▶ _THE TASK_
In the listing below, how many lines include "front"? Give the number and no other text.
┌──
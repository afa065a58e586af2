-- ===== src/Http/Transport.antt =====
-- packages/http-provider/src/utils/applyTransport.ts. `isNotEmpty` of @radoslavirha/utils and the `set` of
-- the headers of axios are parameters.
use iot_miniservers.Prelude.{
  ◌≡◌, refl, ◌∙◌, Bool, true, false, ◌&&◌, Option, none, some, or_else, List, [], ◌∷◌, ◌++◌, Text,
  text, every, if◌then◌else◌, text_eq, arith, inl, inr, Bool-cases,
}
use iot_miniservers.Prelude.Dict
use iot_miniservers.Prelude.Dict.{Dict}
use iot_miniservers.Prelude.Result.{Result, ok, err, ◌>>=◌}

pub data TransportEntry : Type 0 where
  static_entry : Text → Text → TransportEntry
  credential_entry : Text → Text → Option Text → Option Text → TransportEntry

pub record TransportConfig : Type 0 where
  pub headers : List TransportEntry
  pub query_params : List TransportEntry

pub record Outbound (H : Type 0) : Type 0 where
  pub header_set : H
  pub params : Dict Text Text

abbrev pub Credentials : Type 0
Credentials = Dict Text Text

abbrev pub entry_name : TransportEntry → Text
entry_name (static_entry name value) = name
entry_name (credential_entry name credential front back) = name

abbrev pub is_ok : {A : Type 0} → Result Text A → Bool
is_ok (ok a) = true
is_ok (err e) = false

module _ (is_not_empty : Text → Bool) (credentials : Credentials) where
  abbrev pub unproduced : Text → Text → Text
  unproduced name credential =
      text "Transport entry \""
      ++ (name
          ++ (text "\" needs credential \""
              ++ (credential ++ text "\", which the auth strategy did not produce")))

  abbrev pub filled_in : TransportEntry → Option Text → Result Text Text
  filled_in (static_entry name value) found = ok value
  filled_in (credential_entry name credential front back) none = err (unproduced name credential)
  filled_in (credential_entry name credential front back) (some value) =
      if is_not_empty value
      then ok (or_else front [] ++ (value ++ or_else back []))
      else err (unproduced name credential)

  abbrev pub looked_up : TransportEntry → Option Text
  looked_up (static_entry name value) = none
  looked_up (credential_entry name credential front back) = Dict.get credential credentials

  unfoldable pub resolve_entry : TransportEntry → Result Text Text
  resolve_entry entry = filled_in entry (looked_up entry)

  unfoldable pub apply_entries :
      {T : Type 0} → (Text → Text → T → T) → List TransportEntry → T → Result Text T
  apply_entries set [] target = ok target
  apply_entries set (entry ∷ entries) target = resolve_entry entry >>= λ value.
      apply_entries set entries (set (entry_name entry) value target)

  unfoldable pub apply_transport :
      {H : Type 0} → (Text → Text → H → H) → TransportConfig → Outbound H → Result Text (Outbound H)
  apply_transport set_header transport request =
      apply_entries set_header transport.headers request.header_set >>= λ headers.
      apply_entries Dict.insert transport.query_params request.params >>= λ params.
      ok (record { header_set = headers; params = params })

  -- An entry that needs no credential, or one that is there and not empty.
  abbrev pub serves : TransportEntry → Option Text → Bool
  serves (static_entry name value) found = true
  serves (credential_entry name credential front back) none = false
  serves (credential_entry name credential front back) (some value) = is_not_empty value

  abbrev pub is_served : TransportEntry → Bool
  is_served entry = serves entry (looked_up entry)

  filled_in-is_ok :
      (entry : TransportEntry) (found : Option Text)
      → is_ok (filled_in entry found) ≡ serves entry found
  filled_in-is_ok (static_entry name value) found = refl
  filled_in-is_ok (credential_entry name credential front back) none = refl
  filled_in-is_ok (credential_entry name credential front back) (some value) =
      elim (Bool-cases (is_not_empty value)) [ inl full ↦ rw full refl | inr empty ↦ rw empty refl ]

  bind-is_ok :
      {A B : Type 0} (r : Result Text A) (f : A → Result Text B) (b : Bool)
      → ((a : A) → is_ok (f a) ≡ b)
      → is_ok (r >>= f) ≡ (is_ok r && b)
  bind-is_ok (ok a) f b h = h a
  bind-is_ok (err e) f b h = refl

  apply_entries-is_ok :
      {T : Type 0} (set : Text → Text → T → T) (entries : List TransportEntry) (target : T)
      → is_ok (apply_entries set entries target) ≡ every is_served entries
  unfolding apply_entries resolve_entry
  apply_entries-is_ok set [] target = refl
  apply_entries-is_ok set (entry ∷ entries) target =
      rw (← filled_in-is_ok entry (looked_up entry)) (
        bind-is_ok (filled_in entry (looked_up entry)) _ (every is_served entries)
          (λ value. apply_entries-is_ok set entries (set (entry_name entry) value target)))

  -- A request goes out exactly when every header and every query parameter that needs a credential has
  -- one that is not empty.
  pub apply_transport-is_ok :
      {H : Type 0} (set_header : Text → Text → H → H) (transport : TransportConfig)
      (request : Outbound H)
      → is_ok (apply_transport set_header transport request)
        ≡ (every is_served transport.headers && every is_served transport.query_params)
  unfolding apply_transport
  apply_transport-is_ok set_header transport request =
      rw (← apply_entries-is_ok set_header transport.headers request.header_set) (
        bind-is_ok (apply_entries set_header transport.headers request.header_set) _
          (every is_served transport.query_params)
          (λ headers.
            bind-is_ok (apply_entries Dict.insert transport.query_params request.params) _ true
              (λ params. refl)
            ∙ ground
                (arith, apply_entries-is_ok Dict.insert transport.query_params request.params)))
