-- ===== src/Miot.antt =====
-- packages/miot-device: the errors, the UDP exchange with a device, the packets, and the client
-- that keeps a device's stamp.
pub mod Error
pub mod Transport
pub mod Packet
pub mod Device
pub mod Client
└──
▶ _TASK ANSWER_
9